Dataset records
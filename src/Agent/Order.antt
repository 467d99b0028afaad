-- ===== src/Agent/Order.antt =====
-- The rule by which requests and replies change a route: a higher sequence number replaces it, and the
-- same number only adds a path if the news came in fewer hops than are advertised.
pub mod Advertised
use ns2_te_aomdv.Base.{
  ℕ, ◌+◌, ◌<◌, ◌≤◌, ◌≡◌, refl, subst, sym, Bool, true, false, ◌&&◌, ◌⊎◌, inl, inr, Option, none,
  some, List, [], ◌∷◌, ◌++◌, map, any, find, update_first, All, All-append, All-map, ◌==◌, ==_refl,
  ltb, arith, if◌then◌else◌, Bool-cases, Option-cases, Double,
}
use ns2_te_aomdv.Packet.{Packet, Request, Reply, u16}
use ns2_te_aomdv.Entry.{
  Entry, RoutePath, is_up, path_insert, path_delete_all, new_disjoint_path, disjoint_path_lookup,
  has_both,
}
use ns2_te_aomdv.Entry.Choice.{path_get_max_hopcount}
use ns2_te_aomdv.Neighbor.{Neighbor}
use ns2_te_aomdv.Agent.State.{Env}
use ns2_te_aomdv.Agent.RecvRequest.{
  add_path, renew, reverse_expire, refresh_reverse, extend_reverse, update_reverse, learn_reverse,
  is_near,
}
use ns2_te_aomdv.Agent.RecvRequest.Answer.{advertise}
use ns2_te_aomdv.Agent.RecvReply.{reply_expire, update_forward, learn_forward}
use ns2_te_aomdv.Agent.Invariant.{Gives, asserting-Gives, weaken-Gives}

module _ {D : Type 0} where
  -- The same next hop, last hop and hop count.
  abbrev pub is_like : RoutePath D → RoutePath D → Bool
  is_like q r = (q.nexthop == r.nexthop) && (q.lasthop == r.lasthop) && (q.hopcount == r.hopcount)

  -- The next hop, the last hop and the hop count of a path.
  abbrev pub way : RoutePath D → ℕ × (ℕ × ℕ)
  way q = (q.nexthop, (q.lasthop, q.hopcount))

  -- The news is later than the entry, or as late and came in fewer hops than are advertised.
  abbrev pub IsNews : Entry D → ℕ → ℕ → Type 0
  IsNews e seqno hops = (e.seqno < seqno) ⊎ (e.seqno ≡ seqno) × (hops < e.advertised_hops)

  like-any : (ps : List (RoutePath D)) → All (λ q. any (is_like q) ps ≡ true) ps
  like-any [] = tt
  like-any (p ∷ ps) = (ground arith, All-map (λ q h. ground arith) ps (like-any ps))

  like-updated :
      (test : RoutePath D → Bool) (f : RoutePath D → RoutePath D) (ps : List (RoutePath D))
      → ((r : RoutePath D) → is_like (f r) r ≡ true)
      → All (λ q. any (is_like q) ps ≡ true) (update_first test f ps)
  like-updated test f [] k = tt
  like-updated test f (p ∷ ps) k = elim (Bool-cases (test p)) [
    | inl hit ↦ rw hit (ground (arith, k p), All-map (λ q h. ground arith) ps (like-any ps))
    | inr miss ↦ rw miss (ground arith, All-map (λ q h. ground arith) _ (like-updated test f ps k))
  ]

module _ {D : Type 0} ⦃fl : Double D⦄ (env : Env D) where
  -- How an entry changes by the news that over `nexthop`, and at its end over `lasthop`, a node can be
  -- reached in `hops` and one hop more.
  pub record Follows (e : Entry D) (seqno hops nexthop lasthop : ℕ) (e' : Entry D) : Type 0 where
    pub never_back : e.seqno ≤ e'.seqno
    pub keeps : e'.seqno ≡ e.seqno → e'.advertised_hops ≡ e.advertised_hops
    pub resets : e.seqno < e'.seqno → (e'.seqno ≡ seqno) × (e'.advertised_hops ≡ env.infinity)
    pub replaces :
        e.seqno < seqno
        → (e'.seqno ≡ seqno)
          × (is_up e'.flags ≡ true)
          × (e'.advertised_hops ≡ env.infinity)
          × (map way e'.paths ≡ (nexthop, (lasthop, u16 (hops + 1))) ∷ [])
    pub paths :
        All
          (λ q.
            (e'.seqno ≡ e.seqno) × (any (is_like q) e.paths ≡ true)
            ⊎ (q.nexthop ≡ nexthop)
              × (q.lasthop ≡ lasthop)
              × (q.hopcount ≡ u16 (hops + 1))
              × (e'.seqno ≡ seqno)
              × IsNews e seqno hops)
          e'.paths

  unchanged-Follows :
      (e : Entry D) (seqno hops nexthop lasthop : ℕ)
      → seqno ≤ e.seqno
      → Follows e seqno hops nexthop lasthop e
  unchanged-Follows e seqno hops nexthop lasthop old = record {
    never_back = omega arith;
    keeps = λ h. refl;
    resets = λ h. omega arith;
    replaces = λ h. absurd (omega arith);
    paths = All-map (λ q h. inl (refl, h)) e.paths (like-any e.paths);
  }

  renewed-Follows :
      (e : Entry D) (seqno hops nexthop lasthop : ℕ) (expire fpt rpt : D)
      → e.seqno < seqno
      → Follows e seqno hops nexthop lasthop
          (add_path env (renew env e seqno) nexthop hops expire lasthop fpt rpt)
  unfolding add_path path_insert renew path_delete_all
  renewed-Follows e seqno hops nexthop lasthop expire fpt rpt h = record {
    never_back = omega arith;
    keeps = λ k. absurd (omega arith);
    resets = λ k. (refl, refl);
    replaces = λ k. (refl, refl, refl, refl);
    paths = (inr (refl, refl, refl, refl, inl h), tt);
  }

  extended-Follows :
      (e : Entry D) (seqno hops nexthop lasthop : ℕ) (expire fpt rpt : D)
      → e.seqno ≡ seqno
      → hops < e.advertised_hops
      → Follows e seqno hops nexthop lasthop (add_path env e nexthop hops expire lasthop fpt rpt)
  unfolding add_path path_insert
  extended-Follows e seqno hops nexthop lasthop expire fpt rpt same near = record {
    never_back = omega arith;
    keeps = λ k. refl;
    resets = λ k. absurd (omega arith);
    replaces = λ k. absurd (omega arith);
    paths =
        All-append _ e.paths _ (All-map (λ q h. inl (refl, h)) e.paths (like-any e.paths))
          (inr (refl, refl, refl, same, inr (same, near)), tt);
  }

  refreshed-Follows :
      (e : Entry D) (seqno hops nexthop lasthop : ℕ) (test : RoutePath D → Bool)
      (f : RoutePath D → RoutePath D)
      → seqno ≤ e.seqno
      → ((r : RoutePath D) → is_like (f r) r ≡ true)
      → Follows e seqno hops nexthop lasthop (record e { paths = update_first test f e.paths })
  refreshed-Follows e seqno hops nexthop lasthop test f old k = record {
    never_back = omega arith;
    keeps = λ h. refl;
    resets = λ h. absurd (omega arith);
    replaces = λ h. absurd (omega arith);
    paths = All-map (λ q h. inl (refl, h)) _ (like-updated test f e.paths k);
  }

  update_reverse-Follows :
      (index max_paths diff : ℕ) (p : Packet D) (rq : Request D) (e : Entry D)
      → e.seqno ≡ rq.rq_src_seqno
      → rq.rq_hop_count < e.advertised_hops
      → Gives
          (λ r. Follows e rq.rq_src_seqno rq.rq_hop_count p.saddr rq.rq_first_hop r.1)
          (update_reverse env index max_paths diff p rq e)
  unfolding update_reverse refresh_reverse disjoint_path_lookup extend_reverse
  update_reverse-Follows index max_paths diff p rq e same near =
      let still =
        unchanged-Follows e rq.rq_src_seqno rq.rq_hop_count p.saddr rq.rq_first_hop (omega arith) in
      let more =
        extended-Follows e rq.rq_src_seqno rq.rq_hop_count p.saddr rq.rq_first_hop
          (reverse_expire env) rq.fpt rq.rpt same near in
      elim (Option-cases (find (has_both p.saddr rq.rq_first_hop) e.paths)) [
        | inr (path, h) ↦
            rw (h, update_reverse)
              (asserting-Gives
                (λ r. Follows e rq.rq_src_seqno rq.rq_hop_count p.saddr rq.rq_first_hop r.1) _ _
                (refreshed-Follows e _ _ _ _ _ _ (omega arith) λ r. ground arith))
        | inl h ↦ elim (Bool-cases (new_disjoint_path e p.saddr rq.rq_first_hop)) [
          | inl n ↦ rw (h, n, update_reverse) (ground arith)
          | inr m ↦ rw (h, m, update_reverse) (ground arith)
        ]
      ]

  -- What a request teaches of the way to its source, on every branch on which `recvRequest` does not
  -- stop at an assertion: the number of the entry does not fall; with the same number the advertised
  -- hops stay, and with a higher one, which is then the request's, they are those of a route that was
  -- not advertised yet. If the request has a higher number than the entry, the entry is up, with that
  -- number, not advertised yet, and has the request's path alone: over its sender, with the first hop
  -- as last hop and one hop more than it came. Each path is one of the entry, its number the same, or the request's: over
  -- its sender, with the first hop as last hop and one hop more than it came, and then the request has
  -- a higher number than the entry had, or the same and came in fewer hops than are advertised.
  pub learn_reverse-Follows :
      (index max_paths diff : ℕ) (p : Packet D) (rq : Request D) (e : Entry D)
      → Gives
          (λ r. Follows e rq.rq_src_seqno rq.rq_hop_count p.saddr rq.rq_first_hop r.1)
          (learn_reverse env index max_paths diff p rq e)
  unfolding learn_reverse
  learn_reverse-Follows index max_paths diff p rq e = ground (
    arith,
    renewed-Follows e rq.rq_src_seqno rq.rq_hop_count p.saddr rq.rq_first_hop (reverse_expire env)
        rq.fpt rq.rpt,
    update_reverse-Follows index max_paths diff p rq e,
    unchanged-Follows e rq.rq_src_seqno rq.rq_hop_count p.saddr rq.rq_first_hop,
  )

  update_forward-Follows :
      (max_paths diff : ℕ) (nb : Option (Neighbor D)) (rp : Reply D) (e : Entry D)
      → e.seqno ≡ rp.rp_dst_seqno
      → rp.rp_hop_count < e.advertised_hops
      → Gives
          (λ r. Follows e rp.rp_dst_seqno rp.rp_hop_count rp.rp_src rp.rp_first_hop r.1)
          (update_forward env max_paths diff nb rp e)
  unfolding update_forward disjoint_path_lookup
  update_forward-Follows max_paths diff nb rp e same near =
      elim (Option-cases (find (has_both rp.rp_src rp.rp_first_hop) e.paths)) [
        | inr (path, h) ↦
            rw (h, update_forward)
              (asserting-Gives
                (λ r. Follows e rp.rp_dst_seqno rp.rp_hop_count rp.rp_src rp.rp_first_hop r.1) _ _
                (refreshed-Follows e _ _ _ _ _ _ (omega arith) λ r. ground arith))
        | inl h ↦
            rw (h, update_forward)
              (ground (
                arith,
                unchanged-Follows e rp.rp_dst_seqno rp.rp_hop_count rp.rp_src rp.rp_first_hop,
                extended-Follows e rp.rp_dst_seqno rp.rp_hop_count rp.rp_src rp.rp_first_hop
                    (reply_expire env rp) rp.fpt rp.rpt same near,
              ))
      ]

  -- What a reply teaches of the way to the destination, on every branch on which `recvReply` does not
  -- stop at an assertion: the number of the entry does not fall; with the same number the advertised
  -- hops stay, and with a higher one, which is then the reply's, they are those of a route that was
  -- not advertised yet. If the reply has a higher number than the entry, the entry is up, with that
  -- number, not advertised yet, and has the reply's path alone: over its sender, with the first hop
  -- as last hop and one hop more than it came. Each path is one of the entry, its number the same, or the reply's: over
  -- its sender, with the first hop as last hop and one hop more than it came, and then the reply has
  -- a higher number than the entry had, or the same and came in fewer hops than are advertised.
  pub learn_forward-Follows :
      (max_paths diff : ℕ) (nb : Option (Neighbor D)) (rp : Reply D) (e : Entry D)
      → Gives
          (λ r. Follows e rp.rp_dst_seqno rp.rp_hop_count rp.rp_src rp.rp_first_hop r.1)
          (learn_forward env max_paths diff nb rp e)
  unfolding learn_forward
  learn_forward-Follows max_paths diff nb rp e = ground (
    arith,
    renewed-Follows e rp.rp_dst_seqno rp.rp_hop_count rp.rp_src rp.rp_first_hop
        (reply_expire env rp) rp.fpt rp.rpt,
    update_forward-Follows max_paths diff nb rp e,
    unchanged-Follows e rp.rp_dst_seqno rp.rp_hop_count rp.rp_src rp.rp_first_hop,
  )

Work order
What you output must be the lines from the opening of the material above up to and including the line with "pub mod Advertised", reproduced exactly.

Completed task
filename src/Agent/Order.antt
repository 467d99b0028afaad
-- ===== src/Agent/Order.antt =====
-- The rule by which requests and replies change a route: a higher sequence number replaces it, and the
-- same number only adds a path if the news came in fewer hops than are advertised.
pub mod Advertised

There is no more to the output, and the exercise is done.